Les banques soulignent régulièrement la difficulté de recruter. BNP Paribas pense avoir trouvé la parade avec le "speed recruiting" dans ses "jobs trucks".

Le groupe français BNP Paribas, qui compte engager 450 commerciaux, lancera le 19 septembre prochain une opération "job meet up".

Mais qu’est-ce donc? Concrètement, c’est comme un "speed dating". Vous savez, ce phénomène qui vise à trouver l’âme-soeur en quelques minutes. Ici, la séduction doit s’opérer sur l’éventuel futur employeur. Vous avez 5 minutes, top chrono!

La banque dépêchera ainsi des "jobs trucks" dans les villes de Paris, Lille et Orléans. À leur bord 80 collaborateurs du groupe. Béatrice Perrot, responsable adjointe du recrutement "France" chez BNP Paribas, explique ainsi dans "Les échos" que ce nouveau mode de recrutement pallie les lacunes des méthodes d’embauche actuelles: le CV, la lettre de motivation... "Les rencontres physiques évoluent, les forums de recrutement dans les écoles aussi. Nous avons envie de cibler davantage les profils et de mettre en relation les candidats et les managers le plus tôt possible."

Après avoir rencontré les candidats, inscrits en ligne au préalable, les collaborateurs de BNP Paribas établiront la liste des meilleurs profils. Cette liste se basera également sur les résultats des tests d’aptitude auxquels auront été préalablement soumis les candidats… en ligne.

Les heureux gagnants décrocheront le sésame: un contrat à durée indéterminée.

BNP Paribas n’est pas la première banque à tester le "speed recruiting". "Les Echos" rappelle ainsi que LCL est aussi adepte de l’opération.
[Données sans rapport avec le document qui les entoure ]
-- ===== src/Games/History/Slots.antt =====
-- Writing the records of one step changes the slot being written in each row, and no other.
use rs_social_simulation_too.Prelude.{
  ℕ, zero, suc, ◌+◌, ◌-◌, ◌*◌, ◌≤◌, ◌<◌, ◌≡◌, refl, sym, ◌∙◌, ap,
}
use rs_social_simulation_too.Prelude.{
  arith, ◌⊎◌, Bool, ==→≢, ltb, leb, ◌==◌, ◌&&◌, if◌then◌else◌, Bool-cases, inl, inr,
}
use rs_social_simulation_too.Prelude.{Option, some, List, [], ◌∷◌, length, get_elem?, set, if_true}
use rs_social_simulation_too.Prelude.{get_elem?-set, length-set, lt→ltb, ==→≡}
use rs_social_simulation_too.Prelude.{All, subst, get_elem?_total, ==_refl, none, true}
use rs_social_simulation_too.Core.{AgentId}
use rs_social_simulation_too.Games.History.{fill, fill_record, fill_seats, then_rows}
use rs_social_simulation_too.Games.History.{StepRecord, StepHistory, put, put_rows}

-- Slots of different rows, and different slots of a row, stand at different places.
pub slot_of : (len a b s t : ℕ) → s < len → t < len → a * len + s ≡ b * len + t → (a ≡ b) × (s ≡ t)
slot_of len a b s t hs ht e = elim (compared a b) [
  | inl same ↦ (same, omega (arith, ap (λ (c : ℕ). c * len) same))
  | inr (inl less) ↦ absurd (omega (arith, rows_below len a b less))
  | inr (inr more) ↦ absurd (omega (arith, rows_below len b a more))
]
  where
    rows_below : (len a b : ℕ) → a < b → a * len + len ≤ b * len
    rows_below len a b h = grind arith

    compared : (a b : ℕ) → (a ≡ b) ⊎ ((a < b) ⊎ (b < a))
    compared a b = ground arith

pub slot_inside : (n len a s : ℕ) → a < n → s < len → a * len + s < n * len
slot_inside n len a s h k = omega (arith, whole n len a h)
  where
    whole : (n len a : ℕ) → a < n → a * len + len ≤ n * len
    whole n len a h = grind arith

module _ {A F : Type 0} where
  abbrev pub slot : StepHistory A F → ℕ → ℕ → Option (StepRecord A F)
  slot h a s = get_elem? h.data_ (a * h.history_len + s)

  -- The rows from `row` on are written, one record each.
  abbrev Wrote : StepHistory A F → ℕ → List (StepRecord A F) → List (StepRecord A F) → Type 0
  Wrote h row xs d =
      (a s : ℕ)
      → s < h.history_len
      → get_elem? d (a * h.history_len + s) ≡ (
          if s == h.head && (leb row a && ltb a (row + length xs))
          then get_elem? xs (a - row)
          else slot h a s)

  put-slot :
      (h : StepHistory A F) (row : ℕ) (x : StepRecord A F)
      → h.head < h.history_len
      → length h.data_ ≡ h.n_agents * h.history_len
      → row < h.n_agents
      → (d : List (StepRecord A F)) × (put h row x ≡ some (record h { data_ = d }))
        × (length d ≡ length h.data_)
        × ((a s : ℕ)
            → s < h.history_len
            → get_elem? d (a * h.history_len + s)
              ≡ (if s == h.head && row == a then some x else slot h a s))
  unfolding put
  put-slot h row x hh hd hr =
      let place = row * h.history_len + h.head in
      let inside : place < length h.data_ =
        omega (arith, slot_inside h.n_agents h.history_len row h.head hr hh) in
      (
        set h.data_ place x,
        if_true _ _ (lt→ltb _ _ inside),
        length-set h.data_ place x,
        λ a s k.
            get_elem?-set h.data_ place (a * h.history_len + s) x inside
            ∙ ap (λ (c : Bool). if c then some x else slot h a s)
                (same_place h.history_len row a h.head s hh k),
      )
    where
      same_place :
          (len a b s t : ℕ) → s < len → t < len → (a * len + s == b * len + t) ≡ (t == s && a == b)
      same_place len a b s t hs ht = elim (Bool-cases (a * len + s == b * len + t)) [
        | inl e ↦
            let (rows, slots) = slot_of len a b s t hs ht (==→≡ _ _ e) in
            e ∙ sym (ground (arith, rows, slots))
        | inr e ↦ elim (Bool-cases (t == s && a == b)) [
          | inl both ↦
              let rows : a ≡ b = ground arith in
              let slots : s ≡ t = ground arith in
              absurd (==→≢ _ _ e (omega (arith, ap (λ (c : ℕ). c * len) rows)))
          | inr other ↦ e ∙ sym other
        ]
      ]

  pub put_rows-Wrote :
      (h : StepHistory A F) (row : ℕ) (xs : List (StepRecord A F))
      → h.head < h.history_len
      → length h.data_ ≡ h.n_agents * h.history_len
      → row + length xs ≤ h.n_agents
      → (d : List (StepRecord A F)) × (put_rows h row xs ≡ some (record h { data_ = d }))
        × (length d ≡ length h.data_)
        × Wrote h row xs d
  unfolding put_rows
  put_rows-Wrote h row [] hh hd hr = (h.data_, refl, refl, λ a s k. ground arith)
  put_rows-Wrote h row (x ∷ xs) hh hd hr =
      let (d, at_row, size, wrote) = put-slot h row x hh hd (omega arith) in
      let (d', at_rest, size', wrote') =
        put_rows-Wrote (record h { data_ = d }) (row + 1) xs hh (size ∙ hd) (omega arith) in
      (
        d',
        rw (put_rows, at_row) at_rest,
        size' ∙ size,
        λ a s k. rw (wrote' a s k, wrote a s k) (one_more xs x (s == h.head) row a (slot h a s)),
      )
    where
      behind :
          (xs : List (StepRecord A F)) (x : StepRecord A F) (c : Bool) (row a : ℕ)
          (old : Option (StepRecord A F)) (i j : ℕ)
          → a - row ≡ i
          → a - (row + 1) ≡ j
          → (if c && (leb (row + 1) a && ltb a (row + 1 + length xs))
              then get_elem? xs j
              else if c && row == a
              then some x
              else old)
            ≡ (if c && (leb row a && ltb a (row + suc (length xs)))
                then get_elem? (x ∷ xs) i
                else old)
      behind xs x c row a old zero j h k = ground arith
      behind xs x c row a old (suc i) j h k =
          let same : j ≡ i = omega arith in rw same (ground arith)

      one_more :
          (xs : List (StepRecord A F)) (x : StepRecord A F) (c : Bool) (row a : ℕ)
          (old : Option (StepRecord A F))
          → (if c && (leb (row + 1) a && ltb a (row + 1 + length xs))
              then get_elem? xs (a - (row + 1))
              else if c && row == a
              then some x
              else old)
            ≡ (if c && (leb row a && ltb a (row + suc (length xs)))
                then get_elem? (x ∷ xs) (a - row)
                else old)
      one_more xs x c row a old = behind xs x c row a old (a - row) (a - (row + 1)) refl refl

  -- The slot being written holds one record for each row.
  abbrev pub HasRows : StepHistory A F → List (StepRecord A F) → List (StepRecord A F) → Type 0
  HasRows h xs d =
      (a s : ℕ)
      → a < h.n_agents
      → s < h.history_len
      → get_elem? d (a * h.history_len + s) ≡ (if s == h.head then get_elem? xs a else slot h a s)

  put_rows-HasRows :
      (h : StepHistory A F) (xs d : List (StepRecord A F))
      → length xs ≡ h.n_agents
      → Wrote h 0 xs d
      → HasRows h xs d
  put_rows-HasRows h xs d size wrote a s below inside =
      let here : (leb 0 a && ltb a (0 + length xs)) ≡ true = ground (arith, size) in
      let whole : a - 0 ≡ a = omega arith in
      wrote a s inside
      ∙ ap (λ (c : Bool). if s == h.head && c then get_elem? xs (a - 0) else slot h a s) here
      ∙ ap (λ (i : ℕ). if s == h.head && true then get_elem? xs i else slot h a s) whole
      ∙ ap (λ (c : Bool). if c then get_elem? xs a else slot h a s) (and_true (s == h.head))
    where
      and_true : (b : Bool) → (b && true) ≡ b
      and_true b = ground arith

  abbrev pub set_filled :
      List (StepRecord A F) → AgentId → Option A → Option (StepRecord A F) → List (StepRecord A F)
  set_filled xs agent action none = xs
  set_filled xs agent action (some r) = set xs agent (fill action r)

  -- The records with the actions of the seats filled in, the first seat of an agent first.
  abbrev pub filled_records :
      List (StepRecord A F) → List (AgentId × Option A) → List (StepRecord A F)
  filled_records xs [] = xs
  filled_records xs (seat ∷ seats) =
      filled_records (set_filled xs seat.0 seat.1 (get_elem? xs seat.0)) seats

  fill_seats-HasRows :
      (h : StepHistory A F) (xs d : List (StepRecord A F)) (seats : List (AgentId × Option A))
      → h.head < h.history_len
      → length d ≡ h.n_agents * h.history_len
      → length xs ≡ h.n_agents
      → HasRows h xs d
      → All (λ (seat : AgentId × Option A). seat.0 < h.n_agents) seats
      → (d' : List (StepRecord A F)) × (fill_seats (record h { data_ = d }) seats
          ≡ some (record h { data_ = d' }))
        × (length d' ≡ h.n_agents * h.history_len)
        × (length (filled_records xs seats) ≡ h.n_agents)
        × HasRows h (filled_records xs seats) d'
  unfolding fill_seats
  fill_seats-HasRows h xs d [] inside size rows has all = (d, refl, size, rows, has)
  fill_seats-HasRows h xs d (seat ∷ seats) inside size rows has (known, all) =
      let agent = seat.0 in
      let (r, at_agent) = get_elem?_total xs agent (omega arith) in
      let x = fill seat.1 r in
      let reads : get_elem? d (agent * h.history_len + h.head) ≡ some r =
        has agent h.head known inside ∙ if_true _ _ (==_refl h.head) ∙ at_agent in
      let (d', put_there, same_size, wrote) =
        put-slot (record h { data_ = d }) agent x inside size known in
      let has' : HasRows h (set xs agent x) d' = λ a s below k.
        wrote a s k
        ∙ ap (λ (v : Option (StepRecord A F)). if s == h.head && agent == a then some x else v)
            (has a s below k)
        ∙ one_row (s == h.head) (agent == a) x (get_elem? xs a) (slot h a s)
        ∙ ap (λ (v : Option (StepRecord A F)). if s == h.head then v else slot h a s)
            (sym (get_elem?-set xs agent a x (omega arith))) in
      let (d'', rest, size'', rows'', has'') =
        fill_seats-HasRows h (set xs agent x) d' seats inside (same_size ∙ size)
          (length-set xs agent x ∙ rows) has' all in
      let shown : filled_records xs (seat ∷ seats) ≡ filled_records (set xs agent x) seats =
        ap (λ (v : Option (StepRecord A F)). filled_records (set_filled xs agent seat.1 v) seats)
          at_agent in
      (
        d'',
        ap
              (λ (v : Option (StepRecord A F)).
                then_rows (fill_record (record h { data_ = d }) agent seat.1 v)
                  (λ h'. fill_seats h' seats))
              reads
            ∙ ap (λ (v : Option (StepHistory A F)). then_rows v (λ h'. fill_seats h' seats))
                put_there
            ∙ rest,
        size'',
        ap length shown ∙ rows'',
        subst (λ (ys : List (StepRecord A F)). HasRows h ys d'') (sym shown) has'',
      )
    where
      one_row :
          (c e : Bool) (x : StepRecord A F) (old other : Option (StepRecord A F))
          → (if c && e then some x else if c then old else other)
            ≡ (if c then if e then some x else old else other)
      one_row c e x old other = ground arith

  -- What the two loops of a step leave.
  pub written-HasRows :
      (h : StepHistory A F) (xs : List (StepRecord A F)) (seats : List (AgentId × Option A))
      → h.head < h.history_len
      → length h.data_ ≡ h.n_agents * h.history_len
      → length xs ≡ h.n_agents
      → All (λ (seat : AgentId × Option A). seat.0 < h.n_agents) seats
      → (d : List (StepRecord A F)) × (then_rows (put_rows h 0 xs) (λ h'. fill_seats h' seats)
          ≡ some (record h { data_ = d }))
        × (length d ≡ h.n_agents * h.history_len)
        × (length (filled_records xs seats) ≡ h.n_agents)
        × HasRows h (filled_records xs seats) d
  written-HasRows h xs seats inside size rows all =
      let (d, put_all, same_size, wrote) = put_rows-Wrote h 0 xs inside size (omega arith) in
      let (d', filled, size', rows', has) =
        fill_seats-HasRows h xs d seats inside (same_size ∙ size) rows
          (put_rows-HasRows h xs d rows wrote) all in
      (
        d',
        ap (λ (v : Option (StepHistory A F)). then_rows v (λ h'. fill_seats h' seats)) put_all
            ∙ filled,
        size',
        rows',
        has,
      )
L’enseigne a organisé deux jours similaires en juin dernier. Quant à Société Générale, bien qu’elle n’ait pas encore adopté la méthode, elle s’est déjà pourvue d’un "e-recruteur". Sa mission: scruter les réseaux sociaux en quête de bons profils.

Et en Belgique? BNP Paribas Fortis ne suit pas l’exemple de sa maison mère. Elle mise davantage sur les Jobdays pour attirer les candidats. Les réseaux sociaux sont aussi sollicités. Chez KBC, la pratique est, elle, déjà utilisée depuis quelques années mais uniquement pour le recrutement en interne. Enfin, le "speed recruiting" n’a pour l’heure pas encore séduit les CEO d’ING et Belfius. Ils affirment toutefois être conscients de l’évolution en cours.